Given a \((v_r)\) configuration achieving the upper bound, we can construct infinitely many, for the same \(r\), using covering graphs [3] (viewing connected, finite graphs \(G\) and \(H\) as topological spaces, a covering map \(p:H \rightarrow G\) is a local homeomorphism onto \(G\)).

Theorem 4

Let \(G\) be a regular graph on \(n\) vertices of valence \(r\) such that \(r+1\) divides \(n\) and such that the upper bound for the size \(M\) of a maximal independent set in \(G^2\) is attained: \(M = n/(r+1)\). Let \(H\) be a covering graph over \(G\). Then the maximal set of independent vertices of \(H^2\) also attains the upper bound.

Proof

Let \(p: H\rightarrow G\) be the covering map and let \(S\) be a set of independent vertices in \(G^2\) whose size \(M\) achieves the upper bound. We claim that \(p^{-1}(S)\) is an independent set in \(H^2\); it clearly attains the bound since \(H\) has the same valence as \(G\) and the number of vertices in \(H\) is a multiple of \(n\). Suppose that \(u,w \in p^{-1}(S)\) are dependent in \(H^2\) so they are joined by a path \(Q\) of length 1 or 2 in \(H\). Then \(p(Q)\) has length 1 or 2. Since \(p(u),p(w)\) are in \(S\) and hence independent, it must be that \(p(u)=p(w)\). But then \(p(Q)\) is a single edge \(e\), as \(G\) does not have multiple edges. This is impossible since \(p^{-1}(e)\) consists of disjoint edges and cannot contain the path \(Q\). \(\square \)

Corollary 5

Given any \(r\ge 3\), there are infinitely many \((v_r)\) combinatorial configurations with \(2v/(r+1)\) independent elements.

Proof

We take as \(G\) any Levi graph like that given in Theorem  3. Then any covering graph \(H\) is bipartite with at least the same girth, so such a graph is a Levi graph for some configuration. \(\square \)
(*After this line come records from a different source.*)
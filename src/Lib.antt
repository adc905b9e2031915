-- ===== src/Lib.antt =====
-- abc-auth-svc: a verification library for the authentication service of an ABC cluster.
--
-- The service (internal/authsvc, in Go) stands between a reverse proxy, the command-line client and
-- four upstreams: PocketBase (the slots and groups), Nomad (tokens, roles and variables), MinIO
-- (passwords and users) and JupyterHub (tokens and running servers). A browser has a signed session
-- cookie, the client a Nomad token or an opaque bearer token, and an operator a shared token.
--
-- How a handler is modelled. `Http` gives a handler as a function of the world: the calls made so
-- far, the magic codes and the level variable. It replies with the body of a success or with a
-- status and a JSON object, at the same early returns as the source. Each call of an upstream, of
-- the host's files and of the random source is recorded (`Upstreams.Call`), and answered by the
-- parameter `Env`, whose answers may depend on every call before: so a theorem that is proved for
-- all `Env` holds for every behaviour of the upstreams, errors and other clients included. Errors
-- that the source only logs are answers nobody reads (`tell`). A theorem on the calls of a handler
-- starts from a history whose calls all satisfy the predicate, as the empty history does, and says
-- so of the history afterwards.
--
-- The files and the code that they are about:
--   Base, Text: lists, byte strings and numbers over the native numbers; the functions of `strings`,
--     `strconv` and `net/url` that the service calls, on bytes.
--   Crypto: `encoding/hex`, and the interfaces of base64 and the digests, which are parameters.
--   Session: session.go, `sessionVerifier.make`, `verify`.
--   Forward: validate.go, `decideValidate` and `/validate`, `/validate-optional`, `/validate-shadow`;
--     the cookie of session.go.
--   Login: auth.go. Magic: magic.go and minio_sso.go. Identity, Verify: identity.go and verify.go.
--   Workbench: workbench.go. Claim: claim.go, with the steps of claims that overlap in
--     Claim.Race. Render, Slots: render.go and slots.go.
--   Exchange: exchange.go. Secrets: secrets.go. Keys, KekWrap: keys.go and kekwrap.go, with the
--     interface of HKDF and AES-GCM as a parameter.
--   Manage: manage.go (CredSource), manage_list.go (Listing), manage_rotate.go (Rotate) and
--     manage_lifecycle.go (Lifecycle). LogLevel: loglevel.go and the level names of config.go.
--   Middleware: request ids, the status writer, Recoverer and AccessLog of middleware.go. Naming: naming.go.
--   Routes: the table of routes of server.go. Health: health.go. Service: the handlers behind the
--     routes and, in Service.Chain, the middleware around them, so that the service is one function
--     of a request and of the world.
--   Files: creds_files.go, on a disk of directories and files; Files.Replay has the disk after the
--     calls of a handler. Wiring: upstreams.go, the server that a configuration gives, and the mocks.
--   Config: config.go, with the command line in Config.Flags. Redact: redact.go and
--     log.go, with child loggers in Redact.Logger. Tracer: debug.go. Startup: main.go and the banner
--     of server.go.
--   Diag: diag.go, with the host's part of the report in Diag.Host.
--   Upstreams: the records of pocketbase.go, nomad.go, jupyterhub.go and upstreams.go.
--   PocketBase: the client of pocketbase.go and pocketbase_kek.go: the token and the retry in
--     PocketBase, the operations in Records, the slot states in Cache, where Overlap has the steps
--     of callers whose lookups overlap. Replay makes the calls of a history with this client, and
--     gives the `Env` in which it is the store of the handlers.
--   Clients: nomad.go, nomad_admin.go, jupyterhub.go, minio.go and minio_admin.go.
--   Http.Calls, Http.Yields, Http.Finds, Http.Triple, Http.Codes: rules for which calls a handler
--     makes, what a success has found out, and at which of the calls, what the history of calls
--     satisfies, and which codes are stored.
--     The child modules Calls are about the state that the calls of a handler give a slot.
--   Scenario and Examples: a small concrete world, in which each theorem is applied.
--
-- Bounds. Every loop is structural on a list or a byte string; no definition runs on fuel but the
-- printer of decimals, which has as much fuel as the number is large. An `int64` has its sign apart
-- (`Text.Decimal.Int64`), and parsing refuses what does not fit, as `strconv.ParseInt` does; the
-- version of a key is an int that wraps (`Text.Int.ℤ`). Times are in whole seconds, so a magic code
-- expires up to a second later than in the source. Trimming and lower case are those of ASCII, and
-- a request id is read by bytes.
--
-- The clients. A network is a function from the requests sent so far and the next one to an answer,
-- which may be an error; it also says how long the answer takes. JSON, the regular expressions of
-- `valuePatterns` and the run of a command are parameters, too. The clock of the PocketBase client
-- advances by each answer and by a pause after each call.
--
-- Not modelled: calls that overlap, but for the lookups and invalidations of the state cache
-- (PocketBase/Cache/Overlap) and the claims (Claim/Race): elsewhere the operations of a store are
-- steps, and the mutex of the codes appears as the atomicity of the operations that it guards; time
-- limits, signals and shutdown; the redirects of the ServeMux to a cleaned path; the HTML of the
-- login form; headers that carry no decision.

pub mod Base
pub mod Claim
pub mod Clients
pub mod Config
pub mod Crypto
pub mod Diag
pub mod Examples
pub mod Exchange
pub mod Files
pub mod Forward
pub mod Health
pub mod Http
pub mod Identity
pub mod KekWrap
pub mod Keys
pub mod LogLevel
pub mod Login
pub mod Magic
pub mod Manage
pub mod Middleware
pub mod Naming
pub mod PocketBase
pub mod Redact
pub mod Render
pub mod Routes
pub mod Scenario
pub mod Secrets
pub mod Service
pub mod Session
pub mod Slots
pub mod Startup
pub mod Text
pub mod Tracer
pub mod Upstreams
pub mod Verify
pub mod Wiring
pub mod Workbench
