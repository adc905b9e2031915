-- ===== src/Base/Strings.antt =====
-- A Go string is the list of its bytes. `codes` is shut, so that a literal stays short in proofs.
use Prim.Native.Nat.{ℕ}
use Prim.Native.Char.{code}
use Prim.Native.String.{String}
use mathlib.Core.Path.{◌≡◌, refl, subst}
use mathlib.Core.Logic.{◌↔◌, ◌≢◌}
use mathlib.Core.Bool.{Bool, true, false, ◌&&◌, ◌||◌}
use mathlib.Core.List.{List, [], ◌∷◌, ◌++◌}
use native.Mathlib.Omega.{arith}
use abc_auth_svc.Base.Tests.{nat_eq}

abbrev pub Bytes : Type 0
Bytes = List ℕ

-- The bytes of a literal, which is ASCII everywhere in the source.
unfoldable pub codes : String → Bytes
codes String.[] = []
codes (String.◌∷◌ c s) = code c ∷ codes s

-- The `==` of Go on strings.
infix 50 ◌==◌
unfoldable pub ◌==◌ : Bytes → Bytes → Bool
[] == [] = true
[] == (y ∷ ys) = false
(x ∷ xs) == [] = false
(x ∷ xs) == (y ∷ ys) = nat_eq x y && xs == ys

pub eq_of_== : (a b : Bytes) → (a == b) ≡ true → a ≡ b
unfolding ◌==◌
eq_of_== [] [] h = refl
eq_of_== [] (y ∷ ys) h = cc
eq_of_== (x ∷ xs) [] h = cc
eq_of_== (x ∷ xs) (y ∷ ys) h = ground (arith, eq_of_== xs ys)

pub ==_refl : (a : Bytes) → (a == a) ≡ true
unfolding ◌==◌
==_refl [] = refl
==_refl (x ∷ xs) = ground (arith, ==_refl xs)

pub ==_iff : (a b : Bytes) → ((a == b) ≡ true) ↔ (a ≡ b)
==_iff a b = (eq_of_== a b, λ p. subst (λ c. (a == c) ≡ true) p (==_refl a))

-- `s == ""`
abbrev pub is_empty : Bytes → Bool
is_empty [] = true
is_empty (x ∷ xs) = false

-- No byte `c`.
abbrev pub Lacks : ℕ → Bytes → Type 0
Lacks c [] = Unit
Lacks c (x ∷ xs) = (x ≢ c) × Lacks c xs

-- A search in a slice, or a look in a set.
unfoldable pub mem : Bytes → List Bytes → Bool
mem g [] = false
mem g (h ∷ hs) = g == h || mem g hs

pub ==_sym : (s t : Bytes) → (s == t) ≡ (t == s)
==_sym s t = ground (arith, ==_iff s t, ==_iff t s)

pub mem-append : (g h : Bytes) (gs : List Bytes) → mem g (gs ++ h ∷ []) ≡ (mem g gs || g == h)
unfolding mem
mem-append g h [] = ground arith
mem-append g h (k ∷ gs) = ground (arith, mem-append g h gs)
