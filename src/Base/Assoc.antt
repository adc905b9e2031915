-- ===== src/Base/Assoc.antt =====
-- A Go map from strings, as an association list.
use mathlib.Core.Path.{◌≡◌}
use mathlib.Core.Option.{Option, none, some}
use mathlib.Core.List.{List, [], ◌∷◌}
use native.Mathlib.Omega.{arith}
use abc_auth_svc.Base.Tests.{if◌then◌else◌}
use abc_auth_svc.Base.Strings.{Bytes, ◌==◌, ==_iff}

module _ {ℓ} {A : Type ℓ} where
  -- `m[key]`
  unfoldable pub find : Bytes → List (Bytes × A) → Option A
  find key [] = none
  find key ((k, e) ∷ m) = if k == key then some e else find key m

  -- `delete(m, key)`
  unfoldable pub delete : Bytes → List (Bytes × A) → List (Bytes × A)
  delete key [] = []
  delete key ((k, e) ∷ m) = let rest = delete key m in if k == key then rest else (k, e) ∷ rest

  pub find-delete :
      (c k : Bytes) (m : List (Bytes × A))
      → find c (delete k m) ≡ (if k == c then none else find c m)
  unfolding find delete
  find-delete c k [] = ground arith
  find-delete c k ((j, e) ∷ m) =
      ground (arith, find-delete c k m, ==_iff k c, ==_iff j c, ==_iff j k)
We do not know if there are, for each \(r\ge 3\), infinitely many geometric configurations attaining the bound.

In general, configurations may be unbalanced, i.e. the corresponding Levi graph may be only semi-regular. If we have \(v\) black vertices, each of valence \(r\) and \(b\) white vertices, each of valence \(k\), the corresponding incidence structure is called a \((v_r,b_k)\) configuration. In this context, we get the following upper bound.

Theorem 6

Let \(M\) be the size of an independent set of elements of a \((v_r,b_k)\) configuration. Then \(M \le \lfloor (bk + vr -v -b)/(rk -1) \rfloor \).

Proof

Let \(M = p + q\) be the maximal number of independent elements, where there are \(p\) points and \(q\) lines. Then \(pr + q \le b, qk + p \le v\). Clearly, if we take both equalities, the maximum for \(M\) will be achieved. Solving for \(p\) and \(q\) we get \(M = (bk + vr - v - b)/(rk - 1)\) and the result follows. Note that in case \(b=v\) and \(k=r\) we obtain the same result as Theorem  3. \(\square \)

It would be interesting to find geometric realizations of the upper bound for non-balanced configurations.